Remember the nurse practitioner who was denied a job because she failed to pass a drug urinalysis -- the likely source of her problem being morphine derived from consumption of a poppy seed bagel? The East Baltimore community health center that had been set to hire her refused the nurse a second chance at a drug screen. Indignant, she took her job application elsewhere. After the nurse's story appeared in the Oct. 19 edition of This Just In, she received several job offers, one of which -- a position with a pediatrician in Harford County -- she's
taking. But she's giving up poppy seed bagels.
A dead man's confession
The suicide one morning last spring of an East Baltimore man apparently helped homicide detectives close the books on a 21-year-old unsolved murder. Before Robert W. Paull, a 59-year-old recovering alcoholic, shot himself in May, he mailed his wife a suicide note in which he confessed responsibility for the murder of Gary Dean Legg, a 33-year-old employee of a Baltimore glass company, in October 1973. Legg was robbed and beaten to death, his body left in the rear of his Ford station wagon.

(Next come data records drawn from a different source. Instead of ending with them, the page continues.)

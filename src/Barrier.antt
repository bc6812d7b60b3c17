-- ===== src/Barrier.antt =====
-- internal/barrier/barrier.go: the one-shot edge. The channel is open or closed; `sync.Once` runs
-- the trigger's function once. Times are numbers, and zero is the zero `time.Time`.
pub mod Any
pub mod Settled
mod Tests
use zordon.Base.{ℕ, ◌≡◌, refl, Bool, true, false, [], arith, if◌then◌else◌}

-- `Barrier`: `triggered` is the state of `once`
pub record Barrier : Type 0 where
  pub closed : Bool
  pub triggered : Bool
  pub fired_at : ℕ

-- `New`
unfoldable pub new : Barrier
new = record { closed = false; triggered = false; fired_at = 0 }

-- `Trigger`, at the time `now`
unfoldable pub trigger : ℕ → Barrier → Barrier
trigger now b =
    if b.triggered then b else record b { closed = true; triggered = true; fired_at = now }

-- `Triggered`: the receive from the channel succeeds if it is closed
unfoldable pub is_triggered : Barrier → Bool
is_triggered b = b.closed

-- `FiredAt`
unfoldable pub fired : Barrier → ℕ × Bool
fired b = if b.closed then (b.fired_at, true) else (0, false)

-- `Pass`: the barrier that is triggered when the program starts
unfoldable pub pass : ℕ → Barrier
unfolding trigger new
pass start = trigger start new

-- The channel is closed exactly when the trigger has run.
pub record IsValid (b : Barrier) : Type 0 where
  pub once : b.closed ≡ b.triggered

pub new-IsValid : IsValid new
unfolding new
new-IsValid = record { once = refl }

pub trigger-IsValid : (now : ℕ) (b : Barrier) → IsValid b → IsValid (trigger now b)
unfolding trigger
trigger-IsValid now b v = record { once = ground arith }

-- Of a valid barrier: after `Trigger` it is triggered; it reports the time of this call if it was
-- not triggered before, and else what it reported; a later call of `Trigger` changes nothing.
pub trigger_once :
    (now later : ℕ) (b : Barrier)
    → IsValid b
    → (is_triggered (trigger now b) ≡ true)
      × (fired (trigger now b) ≡ (if is_triggered b then fired b else (now, true)))
      × (trigger later (trigger now b) ≡ trigger now b)
unfolding trigger is_triggered fired
trigger_once now later b v = ground (arith, v.once)

pub trigger_fired : (now : ℕ) (b : Barrier) → IsValid b → is_triggered b ≡ true → trigger now b ≡ b
unfolding trigger is_triggered
trigger_fired now b v h = ground (arith, v.once)
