-- ===== src/Barrier/Any.antt =====
-- internal/barrier/barrier.go, `Any`: a goroutine for each source, which waits for its source or for
-- the target. The barriers are a store, so that some of them may be the same.
use zordon.Base.{
  ℕ, suc, ◌≡◌, Bool, true, false, ◌||◌, List, [], ◌∷◌, ◌++◌, map, ◌==◌, if◌then◌else◌,
}
use zordon.Barrier.{Barrier, trigger, is_triggered}

abbrev pub Store : Type 0
Store = ℕ → Barrier

-- the goroutine of a source, and whether it has ended
pub record Worker : Type 0 where
  pub source : ℕ
  pub ended : Bool

pub record AnyState : Type 0 where
  pub store : Store
  pub workers : List Worker

-- `Any` itself: it starts the goroutines
abbrev pub any : List ℕ → Store → AnyState
any sources store = record {
  store = store;
  workers = map (λ s. record { source = s; ended = false }) sources;
}

-- `Trigger` of the barrier `b`
unfoldable pub trigger_in : ℕ → ℕ → Store → Store
unfolding trigger
trigger_in now b store k = if k == b then trigger now (store k) else store k

-- whether one of the sources is triggered
unfoldable pub any_fired : Store → List Worker → Bool
any_fired store [] = false
any_fired store (w ∷ ws) = is_triggered (store w.source) || any_fired store ws

-- the same of the sources themselves
unfoldable pub one_triggered : Store → List ℕ → Bool
one_triggered store [] = false
one_triggered store (s ∷ sources) = is_triggered (store s) || one_triggered store sources

abbrev pub sources_of : List Worker → List ℕ
sources_of = map (λ w. w.source)

-- the goroutines that have not ended
unfoldable pub waiting : List Worker → ℕ
waiting [] = 0
waiting (w ∷ ws) = let rest = waiting ws in if w.ended then rest else suc rest

module _ (target : ℕ) where
  -- A goroutine receives from its source, and triggers the target, or receives from the target.
  pub data WorkerTurn : AnyState → AnyState → Type 0 where
    fires :
        (now s : ℕ) (store : Store) (before after : List Worker)
        → is_triggered (store s) ≡ true
        → WorkerTurn
            (record {
              store = store;
              workers = before ++ record { source = s; ended = false } ∷ after;
            })
            (record {
              store = trigger_in now target store;
              workers = before ++ record { source = s; ended = true } ∷ after;
            })
    stops :
        (s : ℕ) (store : Store) (before after : List Worker)
        → is_triggered (store target) ≡ true
        → WorkerTurn
            (record {
              store = store;
              workers = before ++ record { source = s; ended = false } ∷ after;
            })
            (record {
              store = store;
              workers = before ++ record { source = s; ended = true } ∷ after;
            })

  -- Runs from `w`, with the number of the turns of goroutines in them. Between the turns, other
  -- code may trigger every barrier but the target.
  pub data Run (w : AnyState) : ℕ → AnyState → Type 0 where
    start : Run w 0 w
    turn : {n : ℕ} {x y : AnyState} → Run w n x → WorkerTurn x y → Run w (suc n) y
    outside :
        {n : ℕ} {x : AnyState} (now b : ℕ)
        → Run w n x
        → (b == target) ≡ false
        → Run w n (record { store = trigger_in now b x.store; workers = x.workers })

According to an Evening Sun story at the time, employees of a tire company near the docks in Fells Point discovered the car and the bludgeoned body, which had been wrapped in a bedspread.

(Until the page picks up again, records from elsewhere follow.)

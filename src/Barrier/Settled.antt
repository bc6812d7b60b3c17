-- ===== src/Barrier/Settled.antt =====
-- barrier.go, `Any`: where its goroutines come to rest.
use zordon.Base.{
  ℕ, suc, ◌+◌, ◌≤◌, ◌≡◌, refl, sym, ap, ◌∙◌, inl, inr, Bool, true, false, ◌||◌, List, [], ◌∷◌, ◌++◌,
  arith, Bool-cases, ◌==◌, ==_iff, length,
}
use mathlib.Core.Path.{subst}
use zordon.Barrier.{trigger, is_triggered, IsValid, trigger-IsValid}
use zordon.Barrier.Any.{
  Store, Worker, AnyState, any, trigger_in, any_fired, one_triggered, sources_of, waiting,
  WorkerTurn, fires, stops, Run, start, turn, outside,
}

any_fired_lem :
    (store : Store) (ws : List Worker) → any_fired store ws ≡ one_triggered store (sources_of ws)
unfolding any_fired one_triggered
any_fired_lem store [] = refl
any_fired_lem store (w ∷ ws) = ap (λ b. is_triggered (store w.source) || b) (any_fired_lem store ws)

module _ (target : ℕ) where
  -- the target is triggered once a goroutine has ended
  pub AllDone : Store → List Worker → Type 0
  AllDone store [] = Unit
  AllDone store (w ∷ ws) = (w.ended ≡ true → is_triggered (store target) ≡ true) × AllDone store ws

  pub record IsRunning (w x : AnyState) : Type 0 where
    pub valid : (k : ℕ) → IsValid (x.store k)
    pub done : AllDone x.store x.workers
    pub keeps : is_triggered (w.store target) ≡ true → is_triggered (x.store target) ≡ true
    pub caused :
        is_triggered (x.store target) ≡ true
        → (is_triggered (w.store target) || any_fired x.store x.workers) ≡ true

  trigger_in-IsValid :
      (now b : ℕ) (store : Store)
      → ((k : ℕ) → IsValid (store k))
      → (k : ℕ) → IsValid (trigger_in now b store k)
  unfolding trigger_in
  trigger_in-IsValid now b store v k = elim (Bool-cases (k == b)) [
    | inl e ↦ rw e (trigger-IsValid now (store k) (v k))
    | inr e ↦ rw e (v k)
  ]

  trigger_in-keeps :
      (now b : ℕ) (store : Store)
      → ((k : ℕ) → IsValid (store k))
      → (k : ℕ) → is_triggered (store k) ≡ true
      → is_triggered (trigger_in now b store k) ≡ true
  unfolding trigger_in trigger is_triggered
  trigger_in-keeps now b store v k h = ground (arith, (v k).once)

  trigger_in-hits :
      (now b : ℕ) (store : Store)
      → ((k : ℕ) → IsValid (store k))
      → is_triggered (trigger_in now b store b) ≡ true
  unfolding trigger_in trigger is_triggered
  trigger_in-hits now b store v = ground (arith, (v b).once, ==_iff b b)

  trigger_in-other :
      (now b : ℕ) (store : Store)
      → (b == target) ≡ false
      → is_triggered (trigger_in now b store target) ≡ is_triggered (store target)
  unfolding trigger_in
  trigger_in-other now b store e = let f : (target == b) ≡ false = ground (arith, e) in rw f refl

  any_fired-grows :
      (now b : ℕ) (store : Store)
      → ((k : ℕ) → IsValid (store k))
      → (ws : List Worker) → any_fired store ws ≡ true
      → any_fired (trigger_in now b store) ws ≡ true
  unfolding any_fired
  any_fired-grows now b store v [] h = h
  any_fired-grows now b store v (w ∷ ws) h =
      ground (arith, trigger_in-keeps now b store v w.source, any_fired-grows now b store v ws)

  -- the end of a goroutine changes no source
  any_fired-end :
      (store : Store) (s : ℕ) (e f : Bool) (before after : List Worker)
      → any_fired store (before ++ record { source = s; ended = e } ∷ after)
        ≡ any_fired store (before ++ record { source = s; ended = f } ∷ after)
  unfolding any_fired
  any_fired-end store s e f [] after = refl
  any_fired-end store s e f (w ∷ before) after =
      ap (λ b. is_triggered (store w.source) || b) (any_fired-end store s e f before after)

  any_fired-at :
      (store : Store) (s : ℕ) (e : Bool) (before after : List Worker)
      → is_triggered (store s) ≡ true
      → any_fired store (before ++ record { source = s; ended = e } ∷ after) ≡ true
  unfolding any_fired
  any_fired-at store s e [] after h = ground (arith, h)
  any_fired-at store s e (w ∷ before) after h =
      ground (arith, any_fired-at store s e before after h)

  AllDone-true :
      (store : Store) (ws : List Worker) → is_triggered (store target) ≡ true → AllDone store ws
  unfolding AllDone
  AllDone-true store [] h = tt
  AllDone-true store (w ∷ ws) h = (λ e. h, AllDone-true store ws h)

  AllDone-keeps :
      (old new : Store) (ws : List Worker)
      → (is_triggered (old target) ≡ true → is_triggered (new target) ≡ true)
      → AllDone old ws
      → AllDone new ws
  unfolding AllDone
  AllDone-keeps old new [] k h = tt
  AllDone-keeps old new (w ∷ ws) k (h, hs) = (λ e. k (h e), AllDone-keeps old new ws k hs)

  AllDone-waiting : (store : Store) (sources : List ℕ) → AllDone store (any sources store).workers
  unfolding AllDone
  AllDone-waiting store [] = tt
  AllDone-waiting store (s ∷ sources) = (λ e. ground (arith, e), AllDone-waiting store sources)

  IsRunning-turn : (w x y : AnyState) → IsRunning w x → WorkerTurn target x y → IsRunning w y
  IsRunning-turn w x y i (fires now s store before after h) =
      let hit = trigger_in-hits now target store i.valid in
      record {
        valid = trigger_in-IsValid now target store i.valid;
        done =
            AllDone-true (trigger_in now target store)
              (before ++ record { source = s; ended = true } ∷ after) hit;
        keeps = λ k. hit;
        caused = λ k.
            let at =
              any_fired-at (trigger_in now target store) s true before after
                (trigger_in-keeps now target store i.valid s h) in
            ground (arith, at);
      }
  IsRunning-turn w x y i (stops s store before after h) = record {
    valid = i.valid;
    done = AllDone-true store (before ++ record { source = s; ended = true } ∷ after) h;
    keeps = i.keeps;
    caused = λ k. ground (arith, i.caused k, any_fired-end store s false true before after);
  }

  IsRunning-Run : (w x : AnyState) (n : ℕ) → IsRunning w w → Run target w n x → IsRunning w x
  IsRunning-Run w x n i start = i
  IsRunning-Run w x n i (turn {n = m} {x = z} r t) =
      IsRunning-turn w z x (IsRunning-Run w z m i r) t
  IsRunning-Run w x n i (outside {x = z} now b r e) =
      let j = IsRunning-Run w z n i r in
      let keeps = trigger_in-keeps now b z.store j.valid target in
      let same = trigger_in-other now b z.store e in
      record {
        valid = trigger_in-IsValid now b z.store j.valid;
        done = AllDone-keeps z.store (trigger_in now b z.store) z.workers keeps j.done;
        keeps = λ h. keeps (j.keeps h);
        caused = λ h.
            ground
              (arith, j.caused (sym same ∙ h), any_fired-grows now b z.store j.valid z.workers);
      }

  waiting-end :
      (s : ℕ) (before after : List Worker)
      → waiting (before ++ record { source = s; ended = false } ∷ after)
        ≡ suc (waiting (before ++ record { source = s; ended = true } ∷ after))
  unfolding waiting
  waiting-end s [] after = refl
  waiting-end s (w ∷ before) after = ground (arith, waiting-end s before after)

  pub waiting-WorkerTurn :
      (x y : AnyState) → WorkerTurn target x y → waiting x.workers ≡ suc (waiting y.workers)
  waiting-WorkerTurn x y (fires now s store before after h) = waiting-end s before after
  waiting-WorkerTurn x y (stops s store before after h) = waiting-end s before after

  waiting-Run :
      (w x : AnyState) (n : ℕ) → Run target w n x → n + waiting x.workers ≡ waiting w.workers
  waiting-Run w x n start = omega arith
  waiting-Run w x n (turn {n = m} {x = z} r t) =
      omega (arith, waiting-Run w z m r, waiting-WorkerTurn z x t)
  waiting-Run w x n (outside {x = z} now b r e) = waiting-Run w z n r

  sources-end :
      (s : ℕ) (before after : List Worker)
      → sources_of (before ++ record { source = s; ended = false } ∷ after)
        ≡ sources_of (before ++ record { source = s; ended = true } ∷ after)
  sources-end s [] after = refl
  sources-end s (w ∷ before) after = ap (λ r. w.source ∷ r) (sources-end s before after)

  waiting-any :
      (sources : List ℕ) (store : Store) → waiting (any sources store).workers ≡ length sources
  unfolding waiting
  waiting-any [] store = refl
  waiting-any (s ∷ sources) store = omega (arith, waiting-any sources store)

  sources-turn :
      (x y : AnyState) → WorkerTurn target x y → sources_of x.workers ≡ sources_of y.workers
  sources-turn x y (fires now s store before after h) = sources-end s before after
  sources-turn x y (stops s store before after h) = sources-end s before after

  sources-Run :
      (w x : AnyState) (n : ℕ) → Run target w n x → sources_of x.workers ≡ sources_of w.workers
  sources-Run w x n start = refl
  sources-Run w x n (turn {n = m} {x = z} r t) = sym (sources-turn z x t) ∙ sources-Run w z m r
  sources-Run w x n (outside {x = z} now b r e) = sources-Run w z n r

  sources-any :
      (sources : List ℕ) (store : Store) → sources_of (any sources store).workers ≡ sources
  sources-any [] store = refl
  sources-any (s ∷ sources) store = ap (λ r. s ∷ r) (sources-any sources store)

  -- a goroutine whose source is triggered
  Ready : Store → List Worker → Type 0
  Ready store ws =
      (before after : List Worker) × (s : ℕ) × (e : Bool) × (ws
        ≡ before ++ record { source = s; ended = e } ∷ after)
      × (is_triggered (store s) ≡ true)

  any_fired-Ready : (store : Store) (ws : List Worker) → any_fired store ws ≡ true → Ready store ws
  unfolding any_fired Ready
  any_fired-Ready store [] h = ground (arith, h)
  any_fired-Ready store (w ∷ ws) h = elim (Bool-cases (is_triggered (store w.source))) [
    | inl t ↦ ([], ws, w.source, w.ended, refl, t)
    | inr t ↦
        let (before, after, s, e, split, k) = any_fired-Ready store ws (ground (arith, h, t)) in
        (w ∷ before, after, s, e, ap (λ r. w ∷ r) split, k)
  ]

  AllDone-at :
      (store : Store) (s : ℕ) (before after : List Worker)
      → AllDone store (before ++ record { source = s; ended = true } ∷ after)
      → is_triggered (store target) ≡ true
  unfolding AllDone
  AllDone-at store s [] after (h, hs) = h refl
  AllDone-at store s (w ∷ before) after (h, hs) = AllDone-at store s before after hs

  no_turn-triggered :
      (store : Store) (ws : List Worker)
      → AllDone store ws
      → ((y : AnyState) → WorkerTurn target (record { store = store; workers = ws }) y → ⊥)
      → any_fired store ws ≡ true
      → is_triggered (store target) ≡ true
  unfolding Ready
  no_turn-triggered store ws done stuck h =
      let (before, after, s, e, split, k) = any_fired-Ready store ws h in
      go e before after s split k
    where
      go :
          (e : Bool) (before after : List Worker) (s : ℕ)
          → ws ≡ before ++ record { source = s; ended = e } ∷ after
          → is_triggered (store s) ≡ true
          → is_triggered (store target) ≡ true
      go true before after s split k =
          AllDone-at store s before after (subst (AllDone store) split done)
      go false before after s split k = absurd (
          subst
            (λ v. (y : AnyState) → WorkerTurn target (record { store = store; workers = v }) y → ⊥)
            split stuck _ (fires 0 s store before after k))

  -- In every order of the steps of `Any`'s goroutines and of other code that triggers barriers other
  -- than the target: the goroutines make no more turns than there are sources; and where none can
  -- make one, the target is triggered exactly if it was before `Any` or a source is. The barriers
  -- are valid at the start.
  pub any_settled :
      (sources : List ℕ) (store : Store)
      → ((k : ℕ) → IsValid (store k))
      → (n : ℕ) (x : AnyState) → Run target (any sources store) n x
      → ((y : AnyState) → WorkerTurn target x y → ⊥)
      → (n ≤ length sources)
        × (is_triggered (x.store target)
            ≡ (is_triggered (store target) || one_triggered x.store sources))
  any_settled sources store v n x r stuck =
      let i = IsRunning-Run (any sources store) x n first r in
      let step = no_turn-triggered x.store x.workers i.done stuck in
      (
        omega (arith, waiting-Run (any sources store) x n r, waiting-any sources store),
        ground (arith, i.keeps, i.caused, step)
            ∙ ap (λ b. is_triggered (store target) || b)
                (any_fired_lem x.store x.workers
                  ∙ ap (one_triggered x.store)
                      (sources-Run (any sources store) x n r ∙ sources-any sources store)),
      )
    where
      first : IsRunning (any sources store) (any sources store)
      first = record {
        valid = v;
        done = AllDone-waiting store sources;
        keeps = λ h. h;
        caused = λ h. ground (arith, h);
      }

The murder remained unsolved for more than two decades. But on May 17, Robert Paull was found, a bullet hole above his right eye, slumped on a bench and covered with a sheet in Fells Point, not far from where Gary Legg's body had been left by his killer nearly 21 years earlier.

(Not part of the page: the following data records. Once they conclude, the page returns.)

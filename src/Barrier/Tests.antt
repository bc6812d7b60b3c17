-- ===== src/Barrier/Tests.antt =====
-- Barriers on concrete times.
use zordon.Base.{ℕ, ◌≤◌, ◌≡◌, refl, true, false, ◌||◌, [], ◌∷◌, arith, length, if◌then◌else◌}
use zordon.Barrier.Settled.{waiting-WorkerTurn, any_settled}
use zordon.Barrier.Any.{
  Store, AnyState, any, trigger_in, one_triggered, waiting, Run, start, turn, outside, WorkerTurn,
  fires, stops,
}
use zordon.Barrier.{new, trigger, is_triggered, fired, new-IsValid, trigger_once}

fired-twice : fired (trigger 9 (trigger 5 new)) ≡ (5, true)
unfolding fired trigger new
fired-twice = refl

trigger_once_example :
    (is_triggered (trigger 5 new) ≡ true)
    × (fired (trigger 5 new) ≡ (if is_triggered new then fired new else (5, true)))
    × (trigger 9 (trigger 5 new) ≡ trigger 5 new)
trigger_once_example = trigger_once 5 9 new new-IsValid

-- `Any` with the target 2 and the sources 0 and 1: other code triggers the barrier 1 at the time 5,
-- its goroutine triggers the target at the time 6, and the other one stops.
abbrev fresh : Store
fresh k = new

abbrev after_source : Store
after_source = trigger_in 5 1 fresh

abbrev settled : AnyState
settled = record {
  store = trigger_in 6 2 after_source;
  workers = record { source = 0; ended = true } ∷ record { source = 1; ended = true } ∷ [];
}

run : Run 2 (any (0 ∷ 1 ∷ []) fresh) 2 settled
unfolding trigger_in trigger is_triggered new
run =
    turn
      (turn (outside 5 1 start refl)
        (fires 6 1 after_source (record { source = 0; ended = false } ∷ []) [] refl))
      (stops 0 (trigger_in 6 2 after_source) [] (record { source = 1; ended = true } ∷ []) refl)

settled_stuck : (y : AnyState) → WorkerTurn 2 settled y → ⊥
unfolding waiting
settled_stuck y t = omega (arith, waiting-WorkerTurn 2 settled y t)

any_settled_example :
    (2 ≤ length {A = ℕ} (0 ∷ 1 ∷ []))
    × (is_triggered (settled.store 2)
        ≡ (is_triggered (fresh 2) || one_triggered settled.store (0 ∷ 1 ∷ [])))
any_settled_example =
    any_settled 2 (0 ∷ 1 ∷ []) fresh (λ k. new-IsValid) 2 settled run settled_stuck
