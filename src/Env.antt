-- ===== src/Env.antt =====
-- internal/zenv/zenv.go: the layers of an environment. A map is an association list in which the
-- first pair of a key counts.
pub mod Overlay
pub mod PathList
pub mod Dotenv
mod Tests
use zordon.Base.{
  ◌||◌, Bool, true, false, ◌&&◌, List, [], ◌∷◌, ◌++◌, Option, none, some, ◌==◌, if◌then◌else◌,
  length, take, drop, Bytes, codes, equal, has_prefix, mem, lookup, insert,
}

-- `EnvironmentVariables`
abbrev pub Vars : Type 0
Vars = List (Bytes × Bytes)

-- `maps.Copy`
unfoldable pub copy : Vars → Vars → Vars
unfolding insert
copy out [] = out
copy out ((k, v) ∷ o) = insert k v (copy out o)

-- the loop of `Join`
unfoldable pub join : Vars → List Vars → Vars
unfolding copy
join e [] = e
join e (o ∷ os) = join (copy e o) os

-- `dedupStrings`, with the keys of `seen`
unfoldable pub dedup : List Bytes → List Bytes → List Bytes
unfolding mem equal
dedup seen [] = []
dedup seen (v ∷ s) =
    let skipped = dedup seen s in
    let kept = dedup (v ∷ seen) s in if equal v [] || mem v seen then skipped else v ∷ kept

-- `strings.Join`
unfoldable pub join_strings : Bytes → List Bytes → Bytes
join_strings sep [] = []
join_strings sep (s ∷ []) = s
join_strings sep (s ∷ t ∷ ts) = s ++ (sep ++ join_strings sep (t ∷ ts))

-- `out[key]`, the empty string if there is none
abbrev pub value_or_empty : Option Bytes → Bytes
value_or_empty none = []
value_or_empty (some v) = v

-- the new value of the list variable, in `pathJoin`
unfoldable pub stacked : Bytes → Bool → Bytes → Bytes → Bytes
unfolding equal
stacked sep prepend cur added =
    if equal cur [] then added else if prepend then added ++ (sep ++ cur) else cur ++ (sep ++ added)

-- `pathJoin`, with the list separator of the system
unfoldable pub path_join : Bytes → Vars → Bytes → List Bytes → Bool → Vars
unfolding dedup join_strings stacked lookup insert
path_join sep e key dirs prepend = elim (dedup [] dirs) [
  | [] ↦ e
  | d ∷ ds ↦
      insert key (stacked sep prepend (value_or_empty (lookup key e)) (join_strings sep (d ∷ ds))) e
]

-- `PrependPath`
unfoldable pub prepend_path : Bytes → Vars → Bytes → List Bytes → Vars
unfolding path_join
prepend_path sep e key dirs = path_join sep e key dirs true

-- `AppendPath`
unfoldable pub append_path : Bytes → Vars → Bytes → List Bytes → Vars
unfolding path_join
append_path sep e key dirs = path_join sep e key dirs false

-- `strings.Cut(s, "=")`
unfoldable pub cut : Bytes → Option (Bytes × Bytes)
cut [] = none
cut (c ∷ s) =
    let rest = cut s in
    if c == b'=' then some ([], s) else elim rest [ none ↦ none | some (k, v) ↦ some (c ∷ k, v) ]

-- `strings.TrimPrefix`
unfoldable pub trim_prefix : Bytes → Bytes → Bytes
unfolding has_prefix
trim_prefix s p = if has_prefix s p then drop (length p) s else s

-- the value without the quotes around it, if it is quoted
unfoldable pub unquoted : Bytes → Bytes
unquoted [] = []
unquoted (q ∷ []) = q ∷ []
unquoted (q ∷ c ∷ s) =
    let last = drop (length s) (c ∷ s) in
    if (q == b'"' || q == b'\'') && equal last (q ∷ []) then take (length s) (c ∷ s) else q ∷ c ∷ s

module _ (trim_space : Bytes → Bytes) where
  -- what the loop of `JoinFile` makes of one line; `trim_space` is `strings.TrimSpace`
  unfoldable pub dotenv_line : Bytes → Option (Bytes × Bytes)
  unfolding trim_prefix cut unquoted equal has_prefix
  dotenv_line text =
      let line = trim_space text in
      if equal line [] || has_prefix line (codes "#")
      then none
      else elim (cut (trim_prefix line (codes "export "))) [
        | none ↦ none
        | some (k, v) ↦ some (trim_space k, unquoted (trim_space v))
      ]

  unfoldable pub join_lines : Vars → List Bytes → Vars
  unfolding dotenv_line insert
  join_lines out [] = out
  join_lines out (text ∷ texts) = elim (dotenv_line text) [
    | none ↦ join_lines out texts
    | some (k, v) ↦ join_lines (insert k v out) texts
  ]

  -- `JoinFile`, with the lines that the scanner reads of each path; `none` is a file that does
  -- not open
  unfoldable pub join_file : Vars → List (Option (List Bytes)) → Vars
  unfolding join_lines
  join_file out [] = out
  join_file out (none ∷ files) = join_file out files
  join_file out (some texts ∷ files) = join_file (join_lines out texts) files

-- the loop of `FromHost` over `os.Environ()`
unfoldable pub keep_allowed : List Bytes → Vars → List Bytes → Vars
unfolding cut mem insert
keep_allowed allow out [] = out
keep_allowed allow out (kv ∷ kvs) = elim (cut kv) [
  | none ↦ keep_allowed allow out kvs
  | some (k, v) ↦ keep_allowed allow (if mem k allow then insert k v out else out) kvs
]

-- `FromHost`
unfoldable pub from_host : List Bytes → List Bytes → Vars
unfolding keep_allowed
from_host [] environ = []
from_host (a ∷ allow) environ = keep_allowed (a ∷ allow) [] environ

According to "Case Closed," Jacqueline Watts' detailed account the case in the East Baltimore Guide, Paull's suicide note arrived in the mail a short time later, addressed to his wife. "I killed Gary D. Legg on Oct. 4-5, 1973," it said. "I guess you didn't think that I had it in me to do such a thing, but I did. That was in my drinking days. . . ." The note mentioned John Thanos, the convicted murderer the state executed May 17, the same day police found Paull's body in Fells Point. "When you look at life in reality I am no better than John Thanos," the note said. "I also am a murderer." The extensive news coverage of the Thanos death watch weighed heavily on Paull and his last days were filled with remorse for his crime. His wife told the Guide: "I was watching [television coverage of Thanos] and talking to myself, you know, 'They should kill that dirty murderer.' I know Bob could hear me. He was around. But I didn't know about this other thing."
Since the publication of "Case Closed," Hollywood producers have contacted Watts to express interest in the story, the likes of which this columnist cannot recall ever hearing before. At least not in real life.
Save tape, help a kid
I've been saving register tapes from Giant, Safeway and Metro for the folks at the Renaissance Institute. They're a bunch of smart-and-trying-to-get-smarter retirees who take courses at the College of Notre Dame, and as a big class project they're collecting register tapes that can be turned over to the supermarkets for computers and other education equipment. Why? They're doing it for kids in inner-city public schools. They're concerned, appropriately, that Baltimore students do not benefit from the supermarkets' gifts-for-tapes offering as much as their counterparts from the more affluent suburbs do. At the end of the collection drive, the city school with the greatest need and best attendance record gets the tapes.
If you want to contribute, send your grocery tapes to: Save the Tapes, Renaissance Institute, College of Notre Dame of Maryland, 4701 N. Charles St. 21210-2476.
The things people say
Heard on city police radio: A call for an officer at "Little Macademia Baptist Church." I'm sure the officer would have enjoyed the trip to Hawaii, but we're equally sure the dispatcher meant Little Macedonia Baptist Church. It's not in Honolulu. It's on Pennsylvania Avenue.
Heard in Centennial Park, Howard County: Guy in a pickup basketball game made a great pass to a fellow hoopster, then, reflecting on the elegant maneuver, said: "Yes! I led him like a fish to water!"
Heard this week on Baltimore radio: "She could become Maryland's first female Republican governor since Spiro T. Agnew. . . ."
Overheard at and about Cafe Hon: "It's exotic, one more weird, yuppy Baltimore thing to be studied. I like it. But, you know, it's only faux Hon."
Heard on the phone line: "This is Hon Man. Someone sprayed-painted 'Hon' on the welcome sign, and I'm sick about it."
Overheard in Highlandtown: "Happy birthday, and many reruns of the day."
Overheard in Cockeysville: "I get a Cuisinart stomach when I give blood."
What Sarah Fawcett, customer of NationsBank who objects to tellers addressing her by first name (This Just In, Nov. 1), heard yesterday when she called the bank's customer service office, based in Virginia: "Sarah Fawcett? Are you THE Sarah Fawcett? Well, hello! We've got six floors of customer representatives down here and copies of [This Just In item] are all over the building."
Heard from Parris Glendening, during meeting with black ministers: "As you may have noticed, I happen to be a white male."
Billboard on Interstate 83, near Maryland-Pennsylvania line: "FREE O.J.!! . . . with donut purchase."